*** PROVIDED RECORDS Section Begins ***

-- ===== src/Tests/Files.antt =====
-- internal/web/server.go at concrete inputs: files and their ranges, sessions in requests.
use logfalcon.Prelude.{
  ℕ, ◌+◌, ◌-◌, ◌≡◌, ◌<◌, refl, true, false, none, some, [], ◌∷◌, ◌++◌, arith, min, length, bytes_eq,
}
use logfalcon.Prelude.Texts.{ascii}
use logfalcon.Web.Text.{trim_prefix, magnitude, digits_value}
use logfalcon.Web.Stream.{at_most_suc, Transfer, stream_chunked}
use logfalcon.Web.Stream.Complete.{Ends, stream_chunked-Ends}
use logfalcon.Web.Stream.Exact.{Sends, stream_chunked-Sends}
use logfalcon.Web.Files.{Served, bytes_unit, send_file}
use logfalcon.Web.Files.Range.{IsHonest, send_file-IsHonest}
use logfalcon.Web.Files.Slice.{IsSlice, send_file-IsSlice, send_file_suffix-IsSlice}
use logfalcon.Web.Sessions.{Places, Store, resolve_session_path, download_prefix, handle_download}
use logfalcon.Web.Sessions.Confined.{IsConfined, resolve_session_path-IsConfined}
use logfalcon.Web.Sessions.Downloads.{Downloaded, handle_download-Downloaded}
use logfalcon.Web.Deletion.{Site, all_goes, sessions_prefix, handle_delete_session}
use logfalcon.Web.Deletion.Guarded.{Deleted, handle_delete_session-Deleted}

-- A read of two bytes, then full ones.
abbrev a_transfer : Transfer
a_transfer = record {
  unread = 1 ∷ 2 ∷ 3 ∷ 4 ∷ [];
  sent = [];
  reads = at_most_suc 1 ∷ [];
  writes = none ∷ [];
}

stream_chunked-Ends_example : Ends 3 a_transfer (stream_chunked 3 a_transfer)
stream_chunked-Ends_example = stream_chunked-Ends 3 a_transfer

stream_chunked-Sends_example : Sends 3 a_transfer (stream_chunked 3 a_transfer)
stream_chunked-Sends_example =
    stream_chunked-Sends 3 a_transfer (omega arith) ((tt, tt), (refl, tt))

abbrev a_file : Served
a_file = record {
  stat_good = true;
  open_good = true;
  seek_good = true;
  etag = ascii "t";
  bytes = ascii "0123456789";
  reads = at_most_suc 1 ∷ [];
  writes = [];
}

send_file-IsHonest_example :
    IsHonest a_file [] (ascii "bytes=2-4") (send_file a_file [] (ascii "bytes=2-4"))
send_file-IsHonest_example = send_file-IsHonest a_file [] (ascii "bytes=2-4")

changed : bytes_eq [] a_file.etag ≡ false
unfolding bytes_eq
changed = refl

digit_read : (d : ℕ) → d < 10 → magnitude ((b'0' + d) ∷ []) ≡ some d
unfolding magnitude digits_value
digit_read d h = ground arith

send_file-IsSlice_example :
    IsSlice a_file 2
      (min 4 (length a_file.bytes - 1))
      (send_file a_file [] (bytes_unit ++ (b'2' ∷ []) ++ b'-' ∷ b'4' ∷ []))
send_file-IsSlice_example =
    send_file-IsSlice a_file [] refl refl refl changed ((tt, tt), tt) 2 4 b'2' b'4' [] []
      (digit_read 2 (omega arith)) (digit_read 4 (omega arith)) (omega arith) (omega arith)
      (omega arith)

send_file_suffix-IsSlice_example :
    IsSlice a_file 0
      (min 4 (length a_file.bytes - 1))
      (send_file a_file [] (bytes_unit ++ b'-' ∷ b'4' ∷ []))
send_file_suffix-IsSlice_example =
    send_file_suffix-IsSlice a_file [] refl refl refl changed ((tt, tt), tt) 4 b'4' []
      (digit_read 4 (omega arith)) (omega arith) (omega arith)

-- No symbolic links below /r.
abbrev places : Places
places = record { abs_storage = some (ascii "r" ∷ []); eval_symlinks = λ p. some p }

resolve_session_path-IsConfined_example :
    IsConfined places (resolve_session_path places (ascii "fc_a/2026"))
resolve_session_path-IsConfined_example = resolve_session_path-IsConfined places (ascii "fc_a/2026")

abbrev store : Store
store p = some a_file

handle_download-Downloaded_example :
    Downloaded places store
      (trim_prefix (ascii "/download/fc_a/2026/manifest.json") download_prefix)
      []
      []
      (handle_download places store (ascii "/download/fc_a/2026/manifest.json") [] [])
handle_download-Downloaded_example =
    handle_download-Downloaded places store (ascii "/download/fc_a/2026/manifest.json") [] []

abbrev a_site : Site
a_site = record {
  tree =
      (ascii "r" ∷ [])
      ∷ (ascii "r" ∷ ascii "fc_a" ∷ [])
      ∷ (ascii "r" ∷ ascii "fc_a" ∷ ascii "2026" ∷ [])
      ∷ [];
  removal = all_goes;
  rmdir_good = true;
  cache_kept = true;
}

handle_delete_session-Deleted_example :
    Deleted places
      (ascii "token")
      (ascii "token")
      (trim_prefix (ascii "/sessions/fc_a/2026") sessions_prefix)
      a_site
      (handle_delete_session places
        (ascii "token")
        (ascii "token")
        (ascii "/sessions/fc_a/2026")
        a_site)
handle_delete_session-Deleted_example =
    handle_delete_session-Deleted places (ascii "token") (ascii "token")
      (ascii "/sessions/fc_a/2026") a_site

*** PROVIDED RECORDS Section Ends ***

• YOUR INSTRUCTIONS: Every entry should be duplicated exactly as written.

• ANSWER TO THE PROBLEM:
-- ===== src/Tests/Files.antt =====
-- internal/web/server.go at concrete inputs: files and their ranges, sessions in requests.
use logfalcon.Prelude.{
  ℕ, ◌+◌, ◌-◌, ◌≡◌, ◌<◌, refl, true, false, none, some, [], ◌∷◌, ◌++◌, arith, min, length, bytes_eq,
}
use logfalcon.Prelude.Texts.{ascii}
use logfalcon.Web.Text.{trim_prefix, magnitude, digits_value}
use logfalcon.Web.Stream.{at_most_suc, Transfer, stream_chunked}
use logfalcon.Web.Stream.Complete.{Ends, stream_chunked-Ends}
use logfalcon.Web.Stream.Exact.{Sends, stream_chunked-Sends}
use logfalcon.Web.Files.{Served, bytes_unit, send_file}
use logfalcon.Web.Files.Range.{IsHonest, send_file-IsHonest}
use logfalcon.Web.Files.Slice.{IsSlice, send_file-IsSlice, send_file_suffix-IsSlice}
use logfalcon.Web.Sessions.{Places, Store, resolve_session_path, download_prefix, handle_download}
use logfalcon.Web.Sessions.Confined.{IsConfined, resolve_session_path-IsConfined}
use logfalcon.Web.Sessions.Downloads.{Downloaded, handle_download-Downloaded}
use logfalcon.Web.Deletion.{Site, all_goes, sessions_prefix, handle_delete_session}
use logfalcon.Web.Deletion.Guarded.{Deleted, handle_delete_session-Deleted}

-- A read of two bytes, then full ones.
abbrev a_transfer : Transfer
a_transfer = record {
  unread = 1 ∷ 2 ∷ 3 ∷ 4 ∷ [];
  sent = [];
  reads = at_most_suc 1 ∷ [];
  writes = none ∷ [];
}

stream_chunked-Ends_example : Ends 3 a_transfer (stream_chunked 3 a_transfer)
stream_chunked-Ends_example = stream_chunked-Ends 3 a_transfer

stream_chunked-Sends_example : Sends 3 a_transfer (stream_chunked 3 a_transfer)
stream_chunked-Sends_example =
    stream_chunked-Sends 3 a_transfer (omega arith) ((tt, tt), (refl, tt))

abbrev a_file : Served
a_file = record {
  stat_good = true;
  open_good = true;
  seek_good = true;
  etag = ascii "t";
  bytes = ascii "0123456789";
  reads = at_most_suc 1 ∷ [];
  writes = [];
}

send_file-IsHonest_example :
    IsHonest a_file [] (ascii "bytes=2-4") (send_file a_file [] (ascii "bytes=2-4"))
send_file-IsHonest_example = send_file-IsHonest a_file [] (ascii "bytes=2-4")

changed : bytes_eq [] a_file.etag ≡ false
unfolding bytes_eq
changed = refl

digit_read : (d : ℕ) → d < 10 → magnitude ((b'0' + d) ∷ []) ≡ some d
unfolding magnitude digits_value
digit_read d h = ground arith

send_file-IsSlice_example :
    IsSlice a_file 2
      (min 4 (length a_file.bytes - 1))
      (send_file a_file [] (bytes_unit ++ (b'2' ∷ []) ++ b'-' ∷ b'4' ∷ []))
send_file-IsSlice_example =
    send_file-IsSlice a_file [] refl refl refl changed ((tt, tt), tt) 2 4 b'2' b'4' [] []
      (digit_read 2 (omega arith)) (digit_read 4 (omega arith)) (omega arith) (omega arith)
      (omega arith)

send_file_suffix-IsSlice_example :
    IsSlice a_file 0
      (min 4 (length a_file.bytes - 1))
      (send_file a_file [] (bytes_unit ++ b'-' ∷ b'4' ∷ []))
send_file_suffix-IsSlice_example =
    send_file_suffix-IsSlice a_file [] refl refl refl changed ((tt, tt), tt) 4 b'4' []
      (digit_read 4 (omega arith)) (omega arith) (omega arith)

-- No symbolic links below /r.
abbrev places : Places
places = record { abs_storage = some (ascii "r" ∷ []); eval_symlinks = λ p. some p }

resolve_session_path-IsConfined_example :
    IsConfined places (resolve_session_path places (ascii "fc_a/2026"))
resolve_session_path-IsConfined_example = resolve_session_path-IsConfined places (ascii "fc_a/2026")

abbrev store : Store
store p = some a_file

handle_download-Downloaded_example :
    Downloaded places store
      (trim_prefix (ascii "/download/fc_a/2026/manifest.json") download_prefix)
      []
      []
      (handle_download places store (ascii "/download/fc_a/2026/manifest.json") [] [])
handle_download-Downloaded_example =
    handle_download-Downloaded places store (ascii "/download/fc_a/2026/manifest.json") [] []

abbrev a_site : Site
a_site = record {
  tree =
      (ascii "r" ∷ [])
      ∷ (ascii "r" ∷ ascii "fc_a" ∷ [])
      ∷ (ascii "r" ∷ ascii "fc_a" ∷ ascii "2026" ∷ [])
      ∷ [];
  removal = all_goes;
  rmdir_good = true;
  cache_kept = true;
}

handle_delete_session-Deleted_example :
    Deleted places
      (ascii "token")
      (ascii "token")
      (trim_prefix (ascii "/sessions/fc_a/2026") sessions_prefix)
      a_site
      (handle_delete_session places
        (ascii "token")
        (ascii "token")
        (ascii "/sessions/fc_a/2026")
        a_site)
handle_delete_session-Deleted_example =
    handle_delete_session-Deleted places (ascii "token") (ascii "token")
      (ascii "/sessions/fc_a/2026") a_site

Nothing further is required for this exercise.